> Provided data:
§

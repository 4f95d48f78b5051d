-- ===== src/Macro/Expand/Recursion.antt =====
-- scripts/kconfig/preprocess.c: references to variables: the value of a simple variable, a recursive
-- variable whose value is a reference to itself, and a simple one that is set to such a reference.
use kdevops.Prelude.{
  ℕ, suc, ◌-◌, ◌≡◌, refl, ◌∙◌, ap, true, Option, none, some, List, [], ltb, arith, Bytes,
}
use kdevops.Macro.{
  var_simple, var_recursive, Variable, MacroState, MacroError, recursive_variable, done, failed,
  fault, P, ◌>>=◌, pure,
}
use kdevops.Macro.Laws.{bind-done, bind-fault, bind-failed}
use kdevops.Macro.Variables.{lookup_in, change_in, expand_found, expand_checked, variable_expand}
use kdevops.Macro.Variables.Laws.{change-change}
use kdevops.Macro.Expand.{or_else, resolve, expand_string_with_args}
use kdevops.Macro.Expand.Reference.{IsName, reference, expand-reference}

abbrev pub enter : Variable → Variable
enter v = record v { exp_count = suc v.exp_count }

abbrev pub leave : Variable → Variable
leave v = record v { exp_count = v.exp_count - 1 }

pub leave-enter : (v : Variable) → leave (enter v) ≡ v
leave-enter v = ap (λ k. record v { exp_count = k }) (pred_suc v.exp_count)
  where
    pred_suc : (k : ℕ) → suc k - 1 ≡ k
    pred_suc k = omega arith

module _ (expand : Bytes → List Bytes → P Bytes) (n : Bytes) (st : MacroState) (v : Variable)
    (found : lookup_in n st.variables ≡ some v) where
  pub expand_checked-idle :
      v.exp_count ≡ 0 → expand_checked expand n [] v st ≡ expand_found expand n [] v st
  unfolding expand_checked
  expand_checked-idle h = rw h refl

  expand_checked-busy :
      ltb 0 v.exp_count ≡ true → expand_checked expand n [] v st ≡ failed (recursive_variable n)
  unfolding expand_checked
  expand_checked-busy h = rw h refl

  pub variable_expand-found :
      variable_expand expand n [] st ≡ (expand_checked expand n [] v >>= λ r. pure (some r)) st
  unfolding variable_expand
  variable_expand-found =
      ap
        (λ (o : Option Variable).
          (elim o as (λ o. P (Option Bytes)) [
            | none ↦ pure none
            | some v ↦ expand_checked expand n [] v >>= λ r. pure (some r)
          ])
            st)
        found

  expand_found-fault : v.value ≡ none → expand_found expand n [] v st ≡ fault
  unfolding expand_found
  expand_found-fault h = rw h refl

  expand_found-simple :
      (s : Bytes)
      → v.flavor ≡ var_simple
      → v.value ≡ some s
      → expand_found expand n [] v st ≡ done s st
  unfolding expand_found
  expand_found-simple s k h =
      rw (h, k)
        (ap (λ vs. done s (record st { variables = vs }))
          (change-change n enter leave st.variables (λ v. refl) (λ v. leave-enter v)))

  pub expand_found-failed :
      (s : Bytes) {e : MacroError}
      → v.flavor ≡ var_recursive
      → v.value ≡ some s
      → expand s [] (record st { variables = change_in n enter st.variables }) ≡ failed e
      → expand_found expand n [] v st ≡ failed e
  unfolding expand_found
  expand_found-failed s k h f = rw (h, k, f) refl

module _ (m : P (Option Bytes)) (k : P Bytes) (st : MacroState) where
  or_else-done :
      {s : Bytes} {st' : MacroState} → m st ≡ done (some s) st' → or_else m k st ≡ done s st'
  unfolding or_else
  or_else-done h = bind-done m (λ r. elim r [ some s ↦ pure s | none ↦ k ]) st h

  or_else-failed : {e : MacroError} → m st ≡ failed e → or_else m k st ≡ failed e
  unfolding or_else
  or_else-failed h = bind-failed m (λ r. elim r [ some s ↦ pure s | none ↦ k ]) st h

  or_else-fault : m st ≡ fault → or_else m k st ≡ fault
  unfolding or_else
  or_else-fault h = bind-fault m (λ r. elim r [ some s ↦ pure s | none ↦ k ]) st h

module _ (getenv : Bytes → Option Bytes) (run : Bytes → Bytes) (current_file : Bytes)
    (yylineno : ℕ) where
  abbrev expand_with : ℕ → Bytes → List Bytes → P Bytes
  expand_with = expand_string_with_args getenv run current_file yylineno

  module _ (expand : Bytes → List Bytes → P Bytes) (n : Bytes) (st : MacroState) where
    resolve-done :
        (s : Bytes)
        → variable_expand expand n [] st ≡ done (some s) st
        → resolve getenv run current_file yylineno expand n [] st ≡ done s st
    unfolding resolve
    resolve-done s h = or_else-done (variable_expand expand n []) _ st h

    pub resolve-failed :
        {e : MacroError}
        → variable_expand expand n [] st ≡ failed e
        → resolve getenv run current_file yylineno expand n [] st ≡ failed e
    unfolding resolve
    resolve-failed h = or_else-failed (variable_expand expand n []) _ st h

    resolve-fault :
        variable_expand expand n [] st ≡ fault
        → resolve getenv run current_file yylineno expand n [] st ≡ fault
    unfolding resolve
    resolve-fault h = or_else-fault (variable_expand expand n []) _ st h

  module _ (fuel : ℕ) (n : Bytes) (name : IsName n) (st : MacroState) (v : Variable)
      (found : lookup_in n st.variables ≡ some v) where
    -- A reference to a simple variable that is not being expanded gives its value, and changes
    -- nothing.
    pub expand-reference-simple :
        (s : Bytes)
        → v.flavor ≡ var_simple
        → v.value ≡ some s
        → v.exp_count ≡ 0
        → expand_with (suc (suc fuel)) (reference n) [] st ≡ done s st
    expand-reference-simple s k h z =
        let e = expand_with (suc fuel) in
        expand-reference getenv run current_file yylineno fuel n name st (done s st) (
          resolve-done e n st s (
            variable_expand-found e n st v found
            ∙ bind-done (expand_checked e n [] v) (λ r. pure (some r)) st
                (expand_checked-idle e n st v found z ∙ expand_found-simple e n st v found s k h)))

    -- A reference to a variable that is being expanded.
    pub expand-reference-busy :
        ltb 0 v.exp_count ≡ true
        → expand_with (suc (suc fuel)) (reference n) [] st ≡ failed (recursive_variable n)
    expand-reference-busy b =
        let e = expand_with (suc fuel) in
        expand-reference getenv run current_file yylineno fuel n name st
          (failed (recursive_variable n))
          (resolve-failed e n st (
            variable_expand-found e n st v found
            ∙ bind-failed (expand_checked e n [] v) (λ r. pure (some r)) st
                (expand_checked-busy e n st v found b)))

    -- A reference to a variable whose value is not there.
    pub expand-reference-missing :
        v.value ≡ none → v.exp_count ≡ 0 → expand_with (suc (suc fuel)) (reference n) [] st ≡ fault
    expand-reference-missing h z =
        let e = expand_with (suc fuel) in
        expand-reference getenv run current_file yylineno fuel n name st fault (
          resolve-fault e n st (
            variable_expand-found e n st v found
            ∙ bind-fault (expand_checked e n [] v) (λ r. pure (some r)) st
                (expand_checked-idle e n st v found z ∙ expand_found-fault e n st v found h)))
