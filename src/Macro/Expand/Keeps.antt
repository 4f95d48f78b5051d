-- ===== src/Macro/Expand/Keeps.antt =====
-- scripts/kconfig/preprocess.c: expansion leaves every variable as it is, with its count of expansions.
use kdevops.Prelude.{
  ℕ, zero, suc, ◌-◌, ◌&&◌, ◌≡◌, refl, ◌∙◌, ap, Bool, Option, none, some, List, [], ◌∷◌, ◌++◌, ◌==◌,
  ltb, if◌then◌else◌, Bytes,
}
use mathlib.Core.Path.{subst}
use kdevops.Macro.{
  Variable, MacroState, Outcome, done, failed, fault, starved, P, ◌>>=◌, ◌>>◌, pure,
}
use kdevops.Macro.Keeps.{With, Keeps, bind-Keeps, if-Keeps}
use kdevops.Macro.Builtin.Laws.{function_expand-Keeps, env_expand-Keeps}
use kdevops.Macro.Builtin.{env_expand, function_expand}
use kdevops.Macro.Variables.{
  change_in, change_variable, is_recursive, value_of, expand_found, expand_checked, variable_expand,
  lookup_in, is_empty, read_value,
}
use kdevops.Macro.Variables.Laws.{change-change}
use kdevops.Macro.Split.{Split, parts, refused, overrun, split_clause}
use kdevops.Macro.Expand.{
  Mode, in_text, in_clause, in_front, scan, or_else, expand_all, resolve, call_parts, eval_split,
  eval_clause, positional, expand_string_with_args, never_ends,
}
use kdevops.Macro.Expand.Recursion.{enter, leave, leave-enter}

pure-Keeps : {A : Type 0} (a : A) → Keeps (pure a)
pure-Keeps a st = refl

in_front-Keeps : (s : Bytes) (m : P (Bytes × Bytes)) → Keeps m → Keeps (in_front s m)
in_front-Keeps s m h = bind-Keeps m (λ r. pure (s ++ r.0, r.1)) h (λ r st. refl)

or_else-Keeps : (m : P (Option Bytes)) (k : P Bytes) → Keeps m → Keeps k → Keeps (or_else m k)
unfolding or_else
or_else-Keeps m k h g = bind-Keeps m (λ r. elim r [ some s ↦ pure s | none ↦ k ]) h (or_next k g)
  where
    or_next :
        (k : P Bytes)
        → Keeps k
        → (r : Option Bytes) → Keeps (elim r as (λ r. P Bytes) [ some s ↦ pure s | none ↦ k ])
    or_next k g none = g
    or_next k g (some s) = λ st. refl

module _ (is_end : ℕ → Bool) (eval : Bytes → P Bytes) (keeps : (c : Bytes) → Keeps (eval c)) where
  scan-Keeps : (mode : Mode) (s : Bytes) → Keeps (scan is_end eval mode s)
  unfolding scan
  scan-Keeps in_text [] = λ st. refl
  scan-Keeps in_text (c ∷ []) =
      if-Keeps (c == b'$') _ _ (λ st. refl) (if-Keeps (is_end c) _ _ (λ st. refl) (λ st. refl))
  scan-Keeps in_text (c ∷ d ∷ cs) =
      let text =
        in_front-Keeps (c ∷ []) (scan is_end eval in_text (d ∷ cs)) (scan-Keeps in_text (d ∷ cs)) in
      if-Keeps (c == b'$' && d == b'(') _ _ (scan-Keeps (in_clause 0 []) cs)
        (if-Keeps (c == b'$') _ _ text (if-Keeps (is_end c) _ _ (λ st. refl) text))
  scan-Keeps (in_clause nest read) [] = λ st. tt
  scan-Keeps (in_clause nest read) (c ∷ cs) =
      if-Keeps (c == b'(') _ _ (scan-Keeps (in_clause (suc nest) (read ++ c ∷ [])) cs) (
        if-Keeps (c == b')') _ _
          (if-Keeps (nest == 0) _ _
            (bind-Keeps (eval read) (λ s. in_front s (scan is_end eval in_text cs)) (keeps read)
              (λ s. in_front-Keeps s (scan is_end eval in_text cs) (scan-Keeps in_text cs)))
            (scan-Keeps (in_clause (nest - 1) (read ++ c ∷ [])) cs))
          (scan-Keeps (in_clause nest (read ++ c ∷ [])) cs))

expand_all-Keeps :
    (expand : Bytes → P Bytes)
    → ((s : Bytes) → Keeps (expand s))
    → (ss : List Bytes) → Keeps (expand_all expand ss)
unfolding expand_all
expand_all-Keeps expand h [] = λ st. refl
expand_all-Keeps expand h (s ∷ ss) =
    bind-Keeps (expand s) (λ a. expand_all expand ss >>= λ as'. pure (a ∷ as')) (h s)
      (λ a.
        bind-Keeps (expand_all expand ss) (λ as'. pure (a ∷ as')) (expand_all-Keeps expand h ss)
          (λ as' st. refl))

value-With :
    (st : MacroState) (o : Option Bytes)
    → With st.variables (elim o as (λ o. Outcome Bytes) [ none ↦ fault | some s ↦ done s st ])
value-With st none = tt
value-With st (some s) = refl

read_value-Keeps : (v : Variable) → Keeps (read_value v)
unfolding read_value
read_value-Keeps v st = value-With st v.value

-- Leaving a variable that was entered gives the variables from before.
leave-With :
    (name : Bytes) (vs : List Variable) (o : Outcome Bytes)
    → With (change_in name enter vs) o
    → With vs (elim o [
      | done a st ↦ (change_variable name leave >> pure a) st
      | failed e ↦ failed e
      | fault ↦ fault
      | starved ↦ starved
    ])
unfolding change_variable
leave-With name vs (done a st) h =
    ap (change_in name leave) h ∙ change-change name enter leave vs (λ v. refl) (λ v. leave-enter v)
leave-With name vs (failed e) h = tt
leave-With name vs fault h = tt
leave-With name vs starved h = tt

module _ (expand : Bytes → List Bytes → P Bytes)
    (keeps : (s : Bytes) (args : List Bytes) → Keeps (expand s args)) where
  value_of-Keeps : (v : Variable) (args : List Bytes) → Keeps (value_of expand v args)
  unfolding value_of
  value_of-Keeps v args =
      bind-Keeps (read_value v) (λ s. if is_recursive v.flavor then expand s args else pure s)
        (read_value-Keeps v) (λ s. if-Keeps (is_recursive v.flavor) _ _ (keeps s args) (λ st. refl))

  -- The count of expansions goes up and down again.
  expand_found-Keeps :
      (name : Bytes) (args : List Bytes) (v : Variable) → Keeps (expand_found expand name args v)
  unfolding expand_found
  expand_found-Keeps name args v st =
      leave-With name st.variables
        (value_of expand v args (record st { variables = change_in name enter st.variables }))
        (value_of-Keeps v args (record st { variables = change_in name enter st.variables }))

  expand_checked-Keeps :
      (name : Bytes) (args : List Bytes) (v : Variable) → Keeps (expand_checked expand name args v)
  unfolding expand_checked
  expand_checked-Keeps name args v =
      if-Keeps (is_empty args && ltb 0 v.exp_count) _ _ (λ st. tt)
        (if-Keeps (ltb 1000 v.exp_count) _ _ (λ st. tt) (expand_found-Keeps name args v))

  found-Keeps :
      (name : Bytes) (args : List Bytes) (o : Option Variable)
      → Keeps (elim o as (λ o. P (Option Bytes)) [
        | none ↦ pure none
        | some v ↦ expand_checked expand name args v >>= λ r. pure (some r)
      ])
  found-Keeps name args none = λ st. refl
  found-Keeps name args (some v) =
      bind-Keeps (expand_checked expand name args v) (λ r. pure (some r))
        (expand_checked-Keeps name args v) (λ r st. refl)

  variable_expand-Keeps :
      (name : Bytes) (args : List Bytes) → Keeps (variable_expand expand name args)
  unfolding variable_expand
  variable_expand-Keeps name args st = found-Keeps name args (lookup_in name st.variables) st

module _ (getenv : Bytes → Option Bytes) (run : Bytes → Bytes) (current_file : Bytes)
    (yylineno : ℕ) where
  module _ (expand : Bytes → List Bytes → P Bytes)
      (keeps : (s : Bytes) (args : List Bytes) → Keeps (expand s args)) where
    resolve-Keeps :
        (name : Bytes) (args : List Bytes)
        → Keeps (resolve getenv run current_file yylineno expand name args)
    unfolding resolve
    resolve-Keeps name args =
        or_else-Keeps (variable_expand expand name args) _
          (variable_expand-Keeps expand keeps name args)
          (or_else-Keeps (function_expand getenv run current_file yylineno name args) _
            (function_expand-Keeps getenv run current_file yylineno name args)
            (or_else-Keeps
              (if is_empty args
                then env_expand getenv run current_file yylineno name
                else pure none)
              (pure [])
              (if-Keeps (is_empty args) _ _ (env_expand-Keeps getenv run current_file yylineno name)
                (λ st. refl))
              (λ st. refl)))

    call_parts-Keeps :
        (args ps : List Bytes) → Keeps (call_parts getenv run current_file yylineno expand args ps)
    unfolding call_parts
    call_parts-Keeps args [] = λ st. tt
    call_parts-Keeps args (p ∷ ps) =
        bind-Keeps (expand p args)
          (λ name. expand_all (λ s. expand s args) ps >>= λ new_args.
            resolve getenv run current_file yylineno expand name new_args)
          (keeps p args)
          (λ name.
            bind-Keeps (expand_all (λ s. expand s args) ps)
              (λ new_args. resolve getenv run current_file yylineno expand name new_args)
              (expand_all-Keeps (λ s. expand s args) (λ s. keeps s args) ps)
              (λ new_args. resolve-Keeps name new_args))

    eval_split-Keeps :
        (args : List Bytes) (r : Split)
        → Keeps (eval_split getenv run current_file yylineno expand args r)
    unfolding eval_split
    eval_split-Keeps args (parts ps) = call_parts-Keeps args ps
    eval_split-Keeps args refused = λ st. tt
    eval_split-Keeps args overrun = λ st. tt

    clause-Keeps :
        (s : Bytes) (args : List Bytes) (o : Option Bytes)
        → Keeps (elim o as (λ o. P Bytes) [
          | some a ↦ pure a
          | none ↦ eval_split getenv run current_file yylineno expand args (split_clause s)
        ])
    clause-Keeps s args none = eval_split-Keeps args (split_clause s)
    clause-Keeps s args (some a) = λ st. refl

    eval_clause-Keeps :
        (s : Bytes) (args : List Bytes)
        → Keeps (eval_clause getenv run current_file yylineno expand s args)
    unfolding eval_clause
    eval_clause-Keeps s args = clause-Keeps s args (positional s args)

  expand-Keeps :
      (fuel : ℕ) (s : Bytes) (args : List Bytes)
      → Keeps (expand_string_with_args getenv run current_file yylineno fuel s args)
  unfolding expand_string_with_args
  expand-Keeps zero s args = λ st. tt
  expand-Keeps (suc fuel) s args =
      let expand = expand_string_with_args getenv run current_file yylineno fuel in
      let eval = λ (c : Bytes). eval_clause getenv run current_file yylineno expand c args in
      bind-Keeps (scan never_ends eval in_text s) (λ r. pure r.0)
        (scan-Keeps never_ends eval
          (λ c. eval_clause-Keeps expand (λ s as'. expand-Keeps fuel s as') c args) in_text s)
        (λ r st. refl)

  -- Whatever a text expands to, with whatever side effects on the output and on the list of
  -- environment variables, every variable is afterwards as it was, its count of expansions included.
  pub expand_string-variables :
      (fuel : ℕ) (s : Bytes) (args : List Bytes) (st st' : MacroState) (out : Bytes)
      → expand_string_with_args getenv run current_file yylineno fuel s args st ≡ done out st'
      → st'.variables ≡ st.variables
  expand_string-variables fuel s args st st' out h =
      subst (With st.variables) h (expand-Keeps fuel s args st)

§

> How to complete this task: In the entries above, find the line with "clause-Keeps s args (some a) = λ st. refl" and the line with "-- Whatever a", then restate word for word both of them and every line between, with nothing more.

> Written solution:
    clause-Keeps s args (some a) = λ st. refl

    eval_clause-Keeps :
        (s : Bytes) (args : List Bytes)
        → Keeps (eval_clause getenv run current_file yylineno expand s args)
    unfolding eval_clause
    eval_clause-Keeps s args = clause-Keeps s args (positional s args)

  expand-Keeps :
      (fuel : ℕ) (s : Bytes) (args : List Bytes)
      → Keeps (expand_string_with_args getenv run current_file yylineno fuel s args)
  unfolding expand_string_with_args
  expand-Keeps zero s args = λ st. tt
  expand-Keeps (suc fuel) s args =
      let expand = expand_string_with_args getenv run current_file yylineno fuel in
      let eval = λ (c : Bytes). eval_clause getenv run current_file yylineno expand c args in
      bind-Keeps (scan never_ends eval in_text s) (λ r. pure r.0)
        (scan-Keeps never_ends eval
          (λ c. eval_clause-Keeps expand (λ s as'. expand-Keeps fuel s as') c args) in_text s)
        (λ r st. refl)

  -- Whatever a text expands to, with whatever side effects on the output and on the list of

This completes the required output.